I often wonder what the value of happiness is. There are people who go about life completely miserable yet they continue to live. There are people who are incredibly happy yet take their own lives. So happiness is not the incentive of living. There is only one incentive of living and that is to procreate. That is the reason, or so we’re told, that we were put here in the first place. How can you find happiness in the expectations that you are just a machine put here to keep the species alive? Where is the value in that?
Our physiological needs are only to populate and to tend to, take care of, and ensure that these babies we bring into the world are adapt to handle all of the situations that life* throws at them. Our physiological desires are to find a mate that will be the best at the aforementioned. For a man, they seek a youthful, beautiful woman. Their youth ensures that they are fertile and their beauty (somehow) equates health, i.e. the more beautiful the woman, the healthier the baby. For a woman, they seek an older, “wealthier” mate. Their age means they are able to take care of the woman and their offspring while their “wealth”, which can be measured in more than just monetary terms, represents the man’s ability to provide for his family. These needs and desires are programmed into every human being. Whether or not they know it, these physiological dudes, if you will, are at work every minute of every day.
*This “life” by the way does not give or take nor does it make things better or more difficult. That is what life is. So this existential approach to life is wrong and if anything, only hinders our ability to deal with it.
So if our physiological desires and needs don’t bring about happiness, what does? Ahh an interesting question…

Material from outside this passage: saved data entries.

-- ===== src/Gates/Analyzer/Ends.antt =====
-- Gate recognition ends: each round but the last takes clauses out of play.
use ignore_gates.Prelude.{
  ℕ, zero, suc, ◌+◌, ◌≤◌, ◌<◌, ◌≡◌, ◌≢◌, refl, sym, ap, ◌∙◌, subst, ◌⊎◌, inl, inr, Bool, false, not,
  List, [], ◌∷◌, arith, ltb, length, elem, filter_if, Bool-cases,
}
use ignore_gates.Types.{neg}
use ignore_gates.Types.Int.{ℤ}
use ignore_gates.Formula.{Clause, For}
use ignore_gates.Gates.Occurrences.{remove}
use ignore_gates.Gates.Occurrences.Live.{
  occurrences, free_of, Distinct, Distinct-filter, Represents,
}
use ignore_gates.Gates.Occurrences.Roots.{remove-Represents}
use ignore_gates.Gates.Recognition.{get_input_literals}
use ignore_gates.Gates.Structure.{Gate, add_gate, get_gate}
use ignore_gates.Gates.Structure.Marks.{new_gate, add_gate_self}
use ignore_gates.Gates.Analyzer.{
  Analyzer, is_none, gate_type, check_add_gate, try_candidate, try_candidates, out_of_fuel,
  gate_recognition,
}

pub length-filter_if-le : (p : Clause → Bool) (cs : For) → length (filter_if p cs) ≤ length cs
length-filter_if-le p [] = omega arith
length-filter_if-le p (c ∷ cs) = ground (arith, length-filter_if-le p cs)

-- A literal with clauses: taking them out leaves fewer.
pub free_of_fewer :
    (l : ℕ) (cs : For) → 0 < length (occurrences l cs) → length (free_of l cs) < length cs
free_of_fewer l [] h = absurd (omega arith)
free_of_fewer l (c ∷ cs) h =
    ground (arith, free_of_fewer l cs, length-filter_if-le (λ d. not (elem l d.lits)) cs)

module _ (solve : List (List ℤ) → List ℤ → ℕ) where
  -- A gate is only found for an output whose negation has clauses.
  pub gate_type_needs :
      (a : Analyzer) (o : ℕ)
      → is_none (gate_type solve a o).1 ≡ false
      → 0 < length (a.index.index (neg o))
  unfolding gate_type
  gate_type_needs a o h = elim (Bool-cases (ltb 0 (length (a.index.index (neg o))))) [
    | inl e ↦ ground arith
    | inr e ↦ cc (rw (e, gate_type) at h)
  ]

  pub added :
      (a : Analyzer) (o : ℕ)
      → get_gate
          (add_gate a.gate_formula
            (gate_type solve a o).1
            o
            (a.index.index (neg o))
            (a.index.index o)
            (get_input_literals (neg o) (a.index.index (neg o))))
          o
        ≡ new_gate a.gate_formula
            (gate_type solve a o).1
            o
            (a.index.index (neg o))
            (a.index.index o)
            (get_input_literals (neg o) (a.index.index (neg o)))
  added a o =
      add_gate_self a.gate_formula (gate_type solve a o).1 o (a.index.index (neg o))
        (a.index.index o) (get_input_literals (neg o) (a.index.index (neg o)))

  -- What is left in play after a candidate, and that the frontier grows only if it is less.
  record Left (live : For) (frontier : List ℕ) (s : Analyzer × List ℕ) : Type 0 where
    still : For
    represents : Represents s.0.index.index still
    distinct : Distinct still
    fewer : ((s.1 ≡ frontier) × (length still ≤ length live)) ⊎ (length still < length live)

  try_candidate-Left :
      (a : Analyzer) (frontier : List ℕ) (o : ℕ) (live : For)
      → Distinct live
      → Represents a.index.index live
      → Left live frontier (try_candidate solve (a, frontier) o)
  unfolding try_candidate check_add_gate
  try_candidate-Left a frontier o live v r = elim (Bool-cases (is_none (gate_type solve a o).1)) [
    | inl e ↦
        rw e
          (record { still = live; represents = r; distinct = v; fewer = inl (refl, omega arith) })
    | inr e ↦ rw e (record {
      still = free_of o (free_of (neg o) live);
      represents =
          subst
            (λ (x : Gate).
              Represents (remove (remove a.index x.fwd) x.bwd).index
                (free_of o (free_of (neg o) live)))
            (sym (added a o)) (remove-Represents a.index o live v r);
      distinct = Distinct-filter _ _ (Distinct-filter _ live v);
      fewer = inr (
          omega (
            arith,
            length-filter_if-le (λ d. not (elem o d.lits)) (free_of (neg o) live),
            free_of_fewer (neg o) live
                (subst (λ x. 0 < length x) (r (neg o)) (gate_type_needs a o e)),
          ));
    })
  ]

  Left-trans :
      (live : For) (f g : List ℕ) (s t : Analyzer × List ℕ)
      → (x : Left live f s) → s.1 ≡ g
      → Left x.still g t
      → Left live f t
  Left-trans live f g s t x e y = record {
    still = y.still;
    represents = y.represents;
    distinct = y.distinct;
    fewer = ground (arith, x.fewer, y.fewer);
  }

  try_candidates-Left :
      (s : Analyzer × List ℕ) (live : For) (cs : List ℕ)
      → Distinct live
      → Represents s.0.index.index live
      → Left live s.1 (try_candidates solve s cs)
  unfolding try_candidates
  try_candidates-Left s live [] v r = record {
    still = live;
    represents = r;
    distinct = v;
    fewer = inl (refl, omega arith);
  }
  try_candidates-Left (a, f) live (c ∷ cs) v r =
      let one = try_candidate-Left a f c live v r in
      let s = try_candidate solve (a, f) c in
      Left-trans live f s.1 s (try_candidates solve s cs) one refl
        (try_candidates-Left s one.still cs one.distinct one.represents)

  module _ (within : ℕ → Bool) (order : List ℕ → List ℕ) (order_nil : order [] ≡ []) where
    nil_ends :
        (fuel : ℕ) (a : Analyzer) (cs : List ℕ)
        → 0 < fuel
        → cs ≡ []
        → gate_recognition solve within order fuel a cs ≢ out_of_fuel
    unfolding gate_recognition
    nil_ends zero a cs h e = absurd (omega arith)
    nil_ends (suc fuel) a [] h e = λ q. cc
    nil_ends (suc fuel) a (c ∷ cs) h e = cc

    -- With more fuel than one round for each clause in play and two more, `gate_recognition` ends:
    -- it finishes, or the limits stop it.
    pub gate_recognition_ends :
        (fuel : ℕ) (a : Analyzer) (live : For) (candidates : List ℕ)
        → Distinct live
        → Represents a.index.index live
        → length live + 1 < fuel
        → gate_recognition solve within order fuel a candidates ≢ out_of_fuel
    unfolding gate_recognition
    gate_recognition_ends zero a live cands v r h = absurd (omega arith)
    gate_recognition_ends (suc fuel) a live [] v r h = λ e. cc
    gate_recognition_ends (suc fuel) a live (c ∷ cs) v r h =
        let polled = record a { polls = suc a.polls } in
        let next = try_candidates solve (polled, []) (c ∷ cs) in
        let left = try_candidates-Left (polled, []) live (c ∷ cs) v r in
        let rest : gate_recognition solve within order fuel next.0 (order next.1) ≢ out_of_fuel =
          elim left.fewer [
            | inl (same, _) ↦
                nil_ends fuel next.0 (order next.1) (omega arith) (ap order same ∙ order_nil)
            | inr lt ↦
                gate_recognition_ends fuel next.0 left.still (order next.1) left.distinct
                  left.represents (omega arith)
          ] in
        elim (Bool-cases (within a.polls)) [ inl e ↦ rw e rest | inr e ↦ rw e (λ q. cc) ]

Adult: “Hi Kenzie! What are you doing?”
Child: “I’m eating blueberries! Do you want some?”
Adult: “I can’t have your blueberries silly, I’m at work and you’re at home with daddy and Rikki.”
Child: “Can you come over?”
Adult: “Of course Punkin Head! We’re having a sleep over!”

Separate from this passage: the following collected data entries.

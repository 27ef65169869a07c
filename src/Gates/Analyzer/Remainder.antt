-- ===== src/Gates/Analyzer/Remainder.antt =====
-- The set of the clauses that the index still lists: it holds each of them once.
use ignore_gates.Prelude.{
  ℕ, zero, suc, ◌<◌, ◌≡◌, ◌≢◌, sym, ap, ◌∙◌, subst, ◌⊎◌, inl, inr, true, false, [], ◌∷◌, ◌++◌,
  arith, ◌==◌, All, All-append, Bool-cases, if◌then◌else◌,
}
use ignore_gates.Formula.{Clause, For}
use ignore_gates.Gates.Occurrences.{Index}
use ignore_gates.Gates.Occurrences.Live.{has_ptr, Has, Has-ptr, Distinct, Represents, filter-Has}
use ignore_gates.Gates.Analyzer.{insert_clauses, collect_remainder}

pub Has-append :
    (c : Clause) (ds es : For) → (Has c ds → Has c (ds ++ es)) × (Has c es → Has c (ds ++ es))
Has-append c [] es = (λ h. absurd h, λ h. h)
Has-append c (d ∷ ds) es =
    let ih = Has-append c ds es in
    (λ h. elim h [ inl e ↦ inl e | inr k ↦ inr (ih.0 k) ], λ h. inr (ih.1 h))

clash : (c d x : Clause) (xs : For) → has_ptr x.ptr xs ≡ false → c ≡ x → Has d xs → c.ptr ≢ d.ptr
clash c d x xs v e h s =
    let there = Has-ptr d xs h in
    let same : d.ptr ≡ x.ptr = sym s ∙ ap (λ (y : Clause). y.ptr) e in cc

-- A pointer names one clause.
Has-ptr_eq :
    (c d : Clause) (live : For) → Distinct live → Has c live → Has d live → c.ptr ≡ d.ptr → c ≡ d
Has-ptr_eq c d [] v h k e = absurd h
Has-ptr_eq c d (x ∷ xs) v (inl h) (inl k) e = h ∙ sym k
Has-ptr_eq c d (x ∷ xs) v (inl h) (inr k) e = absurd (clash c d x xs v.0 h k e)
Has-ptr_eq c d (x ∷ xs) v (inr h) (inl k) e = absurd (clash d c x xs v.0 k h (sym e))
Has-ptr_eq c d (x ∷ xs) v (inr h) (inr k) e = Has-ptr_eq c d xs v.2 h k e

module _ (live : For) (v : Distinct live) where
  Has-same :
      (c : Clause) (set : For)
      → Has c live
      → All (λ d. Has d live) set
      → has_ptr c.ptr set ≡ true
      → Has c set
  Has-same c [] m a h = absurd cc
  Has-same c (d ∷ ds) m a h = elim (Bool-cases (d.ptr == c.ptr)) [
    | inl e ↦ inl (Has-ptr_eq c d live v m a.0 (ground arith))
    | inr e ↦ inr (Has-same c ds m a.1 (ground arith))
  ]

  insert_one-Has :
      (c d : Clause) (set : For)
      → Has d live
      → All (λ x. Has x live) set
      → All (λ x. Has x live) (if has_ptr d.ptr set then set else set ++ (d ∷ []))
        × (Has c set ⊎ (c ≡ d) → Has c (if has_ptr d.ptr set then set else set ++ (d ∷ [])))
  insert_one-Has c d set m a = elim (Bool-cases (has_ptr d.ptr set)) [
    | inl e ↦ rw e (
      a,
      λ h. elim h [ inl k ↦ k | inr s ↦ subst (λ x. Has x set) (sym s) (Has-same d set m a e) ],
    )
    | inr e ↦ rw e (
      All-append _ set (d ∷ []) a (m, tt),
      λ h. elim h [
        | inl k ↦ (Has-append c set (d ∷ [])).0 k
        | inr s ↦ (Has-append c set (d ∷ [])).1 (inl s)
      ],
    )
  ]

  -- What `insert_clauses` builds holds what it held, and what is inserted.
  insert_clauses-Has :
      (c : Clause) (set cs : For)
      → All (λ d. Has d live) set
      → All (λ d. Has d live) cs
      → All (λ d. Has d live) (insert_clauses set cs)
        × (Has c set ⊎ Has c cs → Has c (insert_clauses set cs))
  unfolding insert_clauses
  insert_clauses-Has c set [] a b = (a, λ h. elim h [ inl k ↦ k | inr k ↦ absurd k ])
  insert_clauses-Has c set (d ∷ ds) a b =
      let one = insert_one-Has c d set b.0 a in
      let rest =
        insert_clauses-Has c (if has_ptr d.ptr set then set else set ++ (d ∷ [])) ds one.0 b.1 in
      (
        rest.0,
        λ h. rest.1 (elim h [
          | inl k ↦ inl (one.1 (inl k))
          | inr k ↦ elim k [ inl s ↦ inl (one.1 (inr s)) | inr t ↦ inr t ]
        ]),
      )

  -- Every clause in play that holds a literal below `n` is collected, and only clauses in play are.
  pub collect_remainder-Has :
      (c : Clause) (ix : Index) (n : ℕ)
      → Represents ix live
      → All (λ d. Has d live) (collect_remainder ix n)
        × ((l : ℕ) → l < n → Has c (ix l) → Has c (collect_remainder ix n))
  unfolding collect_remainder
  collect_remainder-Has c ix zero r = (tt, λ l h. absurd (omega arith))
  collect_remainder-Has c ix (suc n) r =
      let ih = collect_remainder-Has c ix n r in
      let own : All (λ d. Has d live) (ix n) =
        subst (All (λ d. Has d live)) (sym (r n)) (filter-Has _ live) in
      let both = insert_clauses-Has c (collect_remainder ix n) (ix n) ih.0 own in
      (
        both.0,
        λ l h k. elim (Bool-cases (l == n)) [
          | inl e ↦
              let same : l ≡ n = ground arith in both.1 (inr (subst (λ x. Has c (ix x)) same k))
          | inr e ↦ both.1 (inl (ih.1 l (ground arith) k))
        ],
      )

Child: “Okay good, you need to bring me some crayons and um markers and um oh! Coloring books too!”
Adult: “Okay honey I’ll see you soon!”
If you were to overhear this conversation, you would think that the “adult” was the parent of the “child”. Guess again. She is not related to this child in any way, rather she is the friend of the father of the child. But the happiness that resounds in her voice, her inflections and tones certainly mislead us to believe that she carried that child in her womb for nine months.
So if someone who is unattached to a child can find so much joy in their presence then just imagine how a mother or father feels with their child. My point, I suppose, is to reaffirm what we already know; the fact that we have set stages in life that we are supposed to progress through and that at the completion (or beginning) of each phase, we are brought happiness. Imagine yourself moving from elementary school into middle school. That sense of pride and accomplishment- I bet you were met with those very same feelings when you moved from middle to high school, and then from high school to college. Each of those represents a stage in one’s life. After college, we get jobs and the next stage is getting married and starting a family. This might explain why so many women, even though they felt confined and stymied, were still happy being homemakers. They were, I assume, conflicted by these feelings which only lead to frustration and eventually, the women’s movement was born. But the point is not that we women should sacrifice our jobs for a family, no rather we are sacrificing our happiness for the promise of a career. In the early years following the women’s movement, women still chose family over the option of going to work. Today, women are constantly putting off marriage and child rearing for a power suit and a cubicle. I’m not saying I want to be Susie Homemaker. I want to have a career AND children. So where is the balance? Because if you can’t balance them, the very happiness I’ve been speaking of will vanish into thin air and all you’ll be left with is bitterness and resentment toward your boss, your mate, and/or your children.
I have no suggestions. I can offer no wise words of advice. I am having a hard enough time as it is trying to balance work and school, friends and family. There is no happiness here… or wait? Is there? Although I don’t feel as happy as I did on my first day in high school, I certainly feel content in knowing that I’m at least doing something with myself. Soon I’ll have so much on my plate that this will seem like nothing. In the end, happiness is what you make of it. Physiological obligations and expectations aside, there are plenty of single, childless women who have great careers and couldn’t be happier. The problem is I have yet to actually meet one. Besides the enigma of Samantha on Sex & the City, there is no “real life” super woman who isn’t desperately seeking their soul mate. I think at the heart of every woman, there is a desire (whether that be physiological or otherwise) to find the man of our dreams, settle down in that big house at the top of the hill, with two dogs, a cat, and four kids. So perhaps then, it is the dream itself that keeps our happiness alive.
Or perhaps we truly are in charge of our happiness, just like with our destiny. Or maybe that just depends on who you ask.